_Exercise instructions_. In the records below, begin at the line that has "no_draft = record" and stop after the line that has "((attempt limits claim"; quote those lines verbatim and nothing more.

_Information provided_.
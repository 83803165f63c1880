-- ===== src/Examples/Agent.antt =====
-- The theorems on an attempt at a dispute, at sample answers.
use dispute_router.Common.{◌↔◌, ◌*◌, ◌≡◌, refl, true, false, [], ◌∷◌, some, none}
use dispute_router.Common.Bytes.{codes}
use dispute_router.Agent.Runs.{Claim, Run}
use dispute_router.Agent.Assist.{
  DraftInput, parsed_draft, parsed_verdict, Limits, Answers, Trip, attempt, check_citations,
  uncited_files, undeclared_files, is_listed_file, over_budget, last_attempt, estimate_exceeds,
  approved, recommended,
}
use dispute_router.Agent.Assist.Approval.{Passed, attempt-drafted_iff}
use dispute_router.Database.Schema.{drafted, recommend_represent}
use dispute_router.Database.Transaction.{ok, works}
use dispute_router.Examples.Sample.{second}

abbrev limits : Limits
limits = record { max_cost_micros = 1000; max_attempts = 3 }

abbrev claim : Claim
claim = record { dispute_id = 8; version = 1; attempt = 1; spent_micros = 0; prior_findings = [] }

abbrev draft : DraftInput
draft = record {
  recommendation = "represent";
  letter = codes "See receipt.pdf.";
  cited_evidence = "receipt.pdf" ∷ [];
}

abbrev answers : Answers
answers = record {
  files = some ("receipt.pdf" ∷ "photo.png" ∷ []);
  estimate = some 100;
  draft_cost = 300;
  draft = some draft;
  verdict_cost = 200;
  verdict = some (record { pass = true; findings = [] });
  letter_names = λ letter name. false;
}

-- The generator costs 300 and then fails.
abbrev no_draft : Answers
no_draft = record answers { draft = none }

abbrev drafted_letter : Run
drafted_letter = record {
  outcome = drafted;
  recommendation = some recommend_represent;
  letter = codes "See receipt.pdf.";
  cited_evidence = "receipt.pdf" ∷ [];
  findings = [];
  cost_micros = 500;
  escalated = false;
}

abbrev trip : Trip
trip = record { hold_fate = works; record_fates = []; release_fate = works; now = 50 * second }

attempt_answers : attempt limits claim answers ≡ ok drafted_letter
unfolding attempt check_citations uncited_files undeclared_files is_listed_file over_budget
    last_attempt estimate_exceeds approved recommended parsed_draft parsed_verdict
attempt_answers = refl

attempt-drafted_iff_example :
    ((attempt limits claim answers ≡ ok drafted_letter) × (drafted_letter.outcome ≡ drafted))
    ↔ Passed limits claim answers drafted_letter
attempt-drafted_iff_example = attempt-drafted_iff limits claim answers drafted_letter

_Response to the exercise_.
no_draft = record answers { draft = none }

abbrev drafted_letter : Run
drafted_letter = record {
  outcome = drafted;
  recommendation = some recommend_represent;
  letter = codes "See receipt.pdf.";
  cited_evidence = "receipt.pdf" ∷ [];
  findings = [];
  cost_micros = 500;
  escalated = false;
}

abbrev trip : Trip
trip = record { hold_fate = works; record_fates = []; release_fate = works; now = 50 * second }

attempt_answers : attempt limits claim answers ≡ ok drafted_letter
unfolding attempt check_citations uncited_files undeclared_files is_listed_file over_budget
    last_attempt estimate_exceeds approved recommended parsed_draft parsed_verdict
attempt_answers = refl

attempt-drafted_iff_example :
    ((attempt limits claim answers ≡ ok drafted_letter) × (drafted_letter.outcome ≡ drafted))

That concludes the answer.